> _Exercise details_
Look at each line of the listing. Copy those that hold the string "Prelude".

> _Working data_

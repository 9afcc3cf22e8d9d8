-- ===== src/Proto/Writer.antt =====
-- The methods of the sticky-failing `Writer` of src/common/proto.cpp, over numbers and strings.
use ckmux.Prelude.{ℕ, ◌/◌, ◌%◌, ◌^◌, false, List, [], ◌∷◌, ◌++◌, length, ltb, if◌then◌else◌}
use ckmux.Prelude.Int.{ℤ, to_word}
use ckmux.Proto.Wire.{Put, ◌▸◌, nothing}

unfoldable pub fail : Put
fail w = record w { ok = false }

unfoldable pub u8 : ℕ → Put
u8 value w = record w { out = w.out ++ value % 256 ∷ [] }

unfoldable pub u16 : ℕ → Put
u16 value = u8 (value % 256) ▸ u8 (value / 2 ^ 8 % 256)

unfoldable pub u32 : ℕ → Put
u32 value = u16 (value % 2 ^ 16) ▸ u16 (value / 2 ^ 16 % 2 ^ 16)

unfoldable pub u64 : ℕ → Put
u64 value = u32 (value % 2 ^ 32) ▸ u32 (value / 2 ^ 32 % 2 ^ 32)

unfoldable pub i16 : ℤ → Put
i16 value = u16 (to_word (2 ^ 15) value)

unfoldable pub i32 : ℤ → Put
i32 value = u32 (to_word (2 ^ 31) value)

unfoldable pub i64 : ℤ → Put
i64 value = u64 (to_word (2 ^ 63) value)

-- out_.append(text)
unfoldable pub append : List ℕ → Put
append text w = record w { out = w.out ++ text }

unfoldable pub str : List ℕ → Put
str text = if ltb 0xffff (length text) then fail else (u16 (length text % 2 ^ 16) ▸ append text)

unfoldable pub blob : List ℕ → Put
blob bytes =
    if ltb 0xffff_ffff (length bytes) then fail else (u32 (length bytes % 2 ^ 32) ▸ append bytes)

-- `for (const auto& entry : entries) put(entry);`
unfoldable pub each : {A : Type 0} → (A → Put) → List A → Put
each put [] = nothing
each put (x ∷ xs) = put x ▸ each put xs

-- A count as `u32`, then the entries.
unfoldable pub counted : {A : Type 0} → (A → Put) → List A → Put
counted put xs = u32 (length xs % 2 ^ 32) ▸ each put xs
==
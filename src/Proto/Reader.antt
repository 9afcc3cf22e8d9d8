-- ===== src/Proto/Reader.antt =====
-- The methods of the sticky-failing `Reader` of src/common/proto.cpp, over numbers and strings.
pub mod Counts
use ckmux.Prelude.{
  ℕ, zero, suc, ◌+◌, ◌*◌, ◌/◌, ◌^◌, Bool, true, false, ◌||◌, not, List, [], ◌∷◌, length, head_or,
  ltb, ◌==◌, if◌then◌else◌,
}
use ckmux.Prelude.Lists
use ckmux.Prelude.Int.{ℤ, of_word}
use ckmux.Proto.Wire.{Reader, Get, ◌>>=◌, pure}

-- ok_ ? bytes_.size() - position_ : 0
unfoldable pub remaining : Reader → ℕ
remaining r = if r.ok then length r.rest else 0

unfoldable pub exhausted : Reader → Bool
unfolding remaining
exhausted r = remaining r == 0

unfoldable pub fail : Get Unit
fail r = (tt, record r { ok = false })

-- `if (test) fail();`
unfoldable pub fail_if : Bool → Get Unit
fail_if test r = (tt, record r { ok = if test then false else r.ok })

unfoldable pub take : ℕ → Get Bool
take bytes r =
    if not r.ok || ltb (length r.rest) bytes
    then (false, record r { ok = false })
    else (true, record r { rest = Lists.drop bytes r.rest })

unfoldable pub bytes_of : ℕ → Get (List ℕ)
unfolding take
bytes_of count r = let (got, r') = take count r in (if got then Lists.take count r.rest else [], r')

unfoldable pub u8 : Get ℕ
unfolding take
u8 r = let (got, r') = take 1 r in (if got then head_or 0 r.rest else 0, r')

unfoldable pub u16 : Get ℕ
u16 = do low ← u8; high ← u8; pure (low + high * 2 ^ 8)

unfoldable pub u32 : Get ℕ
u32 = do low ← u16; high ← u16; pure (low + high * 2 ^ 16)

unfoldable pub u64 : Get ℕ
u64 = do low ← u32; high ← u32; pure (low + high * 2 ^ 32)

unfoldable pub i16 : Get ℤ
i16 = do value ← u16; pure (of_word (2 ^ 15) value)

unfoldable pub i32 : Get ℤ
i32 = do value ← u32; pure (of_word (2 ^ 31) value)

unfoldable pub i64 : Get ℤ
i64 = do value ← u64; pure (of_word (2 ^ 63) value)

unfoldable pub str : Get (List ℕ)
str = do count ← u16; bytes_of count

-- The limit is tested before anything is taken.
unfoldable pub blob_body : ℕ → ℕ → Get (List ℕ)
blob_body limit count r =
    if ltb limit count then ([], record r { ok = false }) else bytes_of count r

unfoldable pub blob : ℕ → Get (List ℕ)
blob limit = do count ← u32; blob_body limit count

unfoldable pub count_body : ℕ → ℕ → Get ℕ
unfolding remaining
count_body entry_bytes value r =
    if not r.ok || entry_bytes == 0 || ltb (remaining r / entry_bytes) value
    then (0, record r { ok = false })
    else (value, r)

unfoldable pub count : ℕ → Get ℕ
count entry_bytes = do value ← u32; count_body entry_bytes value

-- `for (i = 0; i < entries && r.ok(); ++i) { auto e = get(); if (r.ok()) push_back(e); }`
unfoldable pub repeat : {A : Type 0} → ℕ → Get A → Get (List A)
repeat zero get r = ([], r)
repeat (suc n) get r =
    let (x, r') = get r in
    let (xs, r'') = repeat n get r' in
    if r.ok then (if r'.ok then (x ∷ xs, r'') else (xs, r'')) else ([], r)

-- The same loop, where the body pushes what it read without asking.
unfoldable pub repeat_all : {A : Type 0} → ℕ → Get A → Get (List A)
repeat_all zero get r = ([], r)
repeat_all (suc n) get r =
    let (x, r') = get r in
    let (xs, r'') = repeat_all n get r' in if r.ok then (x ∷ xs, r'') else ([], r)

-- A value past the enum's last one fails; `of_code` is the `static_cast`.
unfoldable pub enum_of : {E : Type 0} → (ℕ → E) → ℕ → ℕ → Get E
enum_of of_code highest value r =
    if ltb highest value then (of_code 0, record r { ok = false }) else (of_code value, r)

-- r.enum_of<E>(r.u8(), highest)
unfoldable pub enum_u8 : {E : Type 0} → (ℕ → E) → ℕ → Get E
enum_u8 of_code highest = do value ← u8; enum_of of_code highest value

> _Exercise output_
use ckmux.Prelude.{ℕ, ◌/◌, ◌%◌, ◌^◌, false, List, [], ◌∷◌, ◌++◌, length, ltb, if◌then◌else◌}
use ckmux.Prelude.Int.{ℤ, to_word}
use ckmux.Prelude.{
use ckmux.Prelude.Lists
use ckmux.Prelude.Int.{ℤ, of_word}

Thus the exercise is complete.